The body, remember, wants things to be easy. When you increase or decrease the speed of your walking or running, various physiological changes occur; the amount of oxygen in your blood rises or falls, for instance, because your muscles start requiring more or less of the stuff. Other biochemical changes also occur within muscle cells. Sensing those changes, the body realizes that, at this new speed, your cadence isn’t ideal; you’re taking too few or too many steps to use the least possible amount of energy. Your body adjusts.
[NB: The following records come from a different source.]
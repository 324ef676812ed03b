-- ===== src/Ingestion/Places.antt =====
-- backend/app/ingestion/pipeline.py: `load_candidates`, `candidate_from_place`,
-- `_add_alias`, and the branch of `upsert_place` for a source that is known.
pub mod Upsert
use khaabo.Prelude.{
  ℕ, suc, Bool, true, false, Option, none, some, List, [], ◌∷◌, ◌++◌, map, String, any, find,
  filter, ◌==◌, str_eq, if◌then◌else◌, sort_by, compare_str, is_le,
}
use khaabo.Enums.{SourceType, is_google}
use khaabo.Float.{Float, fmax}
use khaabo.Store.{Restaurant, PlaceDetails, update_where}
use khaabo.EntityResolution.{
  MatchMethod, CandidateRestaurant, IncomingPlace, ResolutionResult, non_empty, resolve_candidate,
}
use khaabo.Ingestion.Model.{
  RawPlace, City, RestaurantSource, RestaurantAlias, EntityConflict, Catalog, Ingest, Outcome, done,
  violates, Texts, source_value, has_key, has_alias, flush, ◌>>=◌,
}
use khaabo.Ingestion.Slugs.{unique_slug}

pub data Action : Type 0 where
  created updated skipped conflict : Action

abbrev pub is_ambiguous_match : MatchMethod → Bool
is_ambiguous_match MatchMethod.ambiguous = true
is_ambiguous_match _ = false

-- `new or old`: an empty text or list, and a zero, count as missing.
abbrev or_text : Option String → Option String → Option String
or_text new old = elim (non_empty new) [ none ↦ old | some t ↦ some t ]

abbrev or_number : Option ℕ → Option ℕ → Option ℕ
or_number none old = old
or_number (some n) old = if n == 0 then old else some n

abbrev or_list : List String → List String → List String
or_list [] old = old
or_list (t ∷ ts) old = t ∷ ts

abbrev renewed_details : PlaceDetails → PlaceDetails → PlaceDetails
renewed_details new old = record {
  address = or_text new.address old.address;
  area = or_text new.area old.area;
  cuisines = or_list new.cuisines old.cuisines;
  price_level = or_number new.price_level old.price_level;
  phone = or_text new.phone old.phone;
  website = or_text new.website old.website;
  opening_hours = or_text new.opening_hours old.opening_hours;
}

module _ {F : Type 0} where
  abbrev pub change_restaurant : ℕ → (Restaurant F → Restaurant F) → Catalog F → Catalog F
  change_restaurant id change c = record c {
    restaurants = update_where (λ r. r.id == id) change c.restaurants;
  }

  abbrev pub find_restaurant : ℕ → Catalog F → Option (Restaurant F)
  find_restaurant id c = find (λ r. r.id == id) c.restaurants

  abbrev pub google_aggregates : RawPlace F → Restaurant F → Restaurant F
  google_aggregates place r =
      if is_google place.source
      then record r { google_rating = place.rating; google_rating_count = place.rating_count }
      else r

  -- `uuid.UUID(id) if id else None`
  abbrev pub conflict_id : Texts F → Option String → Option ℕ
  conflict_id texts id = elim (non_empty id) [ none ↦ none | some t ↦ some (texts.id_of t) ]

  -- On a new session: the collections of a restaurant that is loaded already are not read again.
  unfoldable pub load_candidates : Texts F → ℕ → Ingest F → List (CandidateRestaurant F)
  load_candidates texts city s =
      map
        (λ r. record {
          id = texts.id_text r.id;
          name = r.name;
          normalized_name = r.normalized_name;
          lat = r.lat;
          lng = r.lng;
          aliases =
              map (λ a. a.normalized_alias) (filter (λ a. a.restaurant_id == r.id) s.rows.aliases);
          source_keys =
              map (λ k. (source_value k.source, k.external_id))
                (filter (λ k. k.restaurant_id == r.id) s.rows.sources);
        })
        (filter (λ r. r.city_id == city) s.rows.restaurants)

  unfoldable pub candidate_from_place : Texts F → Restaurant F → RawPlace F → CandidateRestaurant F
  candidate_from_place texts r place = record {
    id = texts.id_text r.id;
    name = r.name;
    normalized_name = r.normalized_name;
    lat = r.lat;
    lng = r.lng;
    aliases = [];
    source_keys = (source_value place.source, place.external_id) ∷ [];
  }

  -- `_add_alias`
  unfoldable pub add_alias : Texts F → ℕ → String → SourceType → Ingest F → Ingest F
  add_alias texts restaurant_id name source s =
      let normalized = texts.resolver.normalize_name name in
      let added = record s {
        work = record (s.work) {
          aliases =
              s.work.aliases
              ++ (record {
                restaurant_id = restaurant_id;
                alias = name;
                normalized_alias = normalized;
                source = source;
              }
                  ∷ []);
        };
      } in
      if str_eq normalized ""
      then s
      else if any (has_alias restaurant_id normalized) s.rows.aliases
      then s
      else added

  abbrev pub payload_hash : Texts F → RawPlace F → String
  payload_hash texts place =
      texts.place_hash place.name place.lat place.lng place.details.address
        (sort_by (λ a b. is_le (compare_str a b)) place.details.cuisines) place.rating
        place.rating_count

  abbrev pub incoming_of : RawPlace F → IncomingPlace F
  incoming_of place = record {
    name = place.name;
    lat = some place.lat;
    lng = some place.lng;
    source = some (source_value place.source);
    external_id = some place.external_id;
  }

  abbrev pub source_of : Texts F → RawPlace F → ℕ → RestaurantSource
  source_of texts place restaurant_id = record {
    restaurant_id = restaurant_id;
    source = place.source;
    external_id = place.external_id;
    content_hash = payload_hash texts place;
  }

  -- The last step: the row that remembers where the restaurant came from.
  unfoldable pub add_source : Texts F → RawPlace F → ℕ → Ingest F → Ingest F
  add_source texts place restaurant_id s = record s {
    work = record (s.work) {
      sources = s.work.sources ++ (source_of texts place restaurant_id ∷ []);
    };
  }

  abbrev renewed : Texts F → ℕ → RawPlace F → Restaurant F → Restaurant F
  renewed texts now place r = record (google_aggregates place r) {
    name = place.name;
    normalized_name = texts.resolver.normalize_name place.name;
    lat = place.lat;
    lng = place.lng;
    details = renewed_details place.details r.details;
    last_ingested_at = some now;
  }

  -- The branch of a source that is known: unchanged, or a change of the restaurant and the source.
  unfoldable pub refresh_place :
      Texts F → ℕ → RawPlace F → RestaurantSource → Ingest F → Option ℕ × Action × Ingest F
  refresh_place texts now place existing s =
      let hash = payload_hash texts place in
      let changed = record s {
        work = record (change_restaurant existing.restaurant_id (renewed texts now place) s.work) {
          sources =
              update_where (has_key place.source place.external_id)
                (λ k. record k { content_hash = hash }) s.work.sources;
        };
      } in
      if str_eq existing.content_hash hash
      then (some existing.restaurant_id, Action.skipped, s)
      else (some existing.restaurant_id, Action.updated, changed)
But that process takes a little while, at least five seconds or so for the oxygen levels to change and your body to recognize the alteration, says Max Donelan, a professor at Simon Fraser University who was a co-author of the study with his graduate student Mark Snaterse and others.

However, the walkers in the study were adjusting their step frequency within less than two seconds after the treadmill speed changed, Dr. Donelan points out. They then fine-tuned their pacing after that. But the first adjustment came almost instantly.

The same process occurred when the researchers repeated the experiment with runners. If the treadmill speed changed, the runners’ step frequency shifted almost immediately, too fast for internal physiology to have played much of a role.

These intsy adjustments suggest that our brains very likely contain huge libraries of preset paces, Dr. Donelan and his colleagues have concluded, of idealized, “physiologically efficient” step cadences for any given speed and condition. It seems probable, in fact, that over our lifetimes, Dr. Donelan says, our brains develop and store countless templates for most pacing situations. We learn and remember what cadence allows us to use the least energy at that speed, and when we reach that speed, we immediately default to our body’s most efficient pace.

Just how the brain recognizes that we are moving at any particular speed is not completely understood, Dr. Donelan says, but almost surely involves messages from the eyes, feet, ears, nervous system, skin and other bodily systems.

Interestingly, it seems to be quite difficult to fool your brain. When Dr. Donelan and his colleagues draped shower-curtain-like enclosures around the front of a treadmill, projected a virtual reality scene of a hallway onto it and then manipulated people’s sense of the speed with which they were moving through the hallway, they found that people’s step frequency would quickly change to match this supposed new speed. But then they would settle back into their former cadence, even as the virtual hallway continued to move past them at unnatural speed.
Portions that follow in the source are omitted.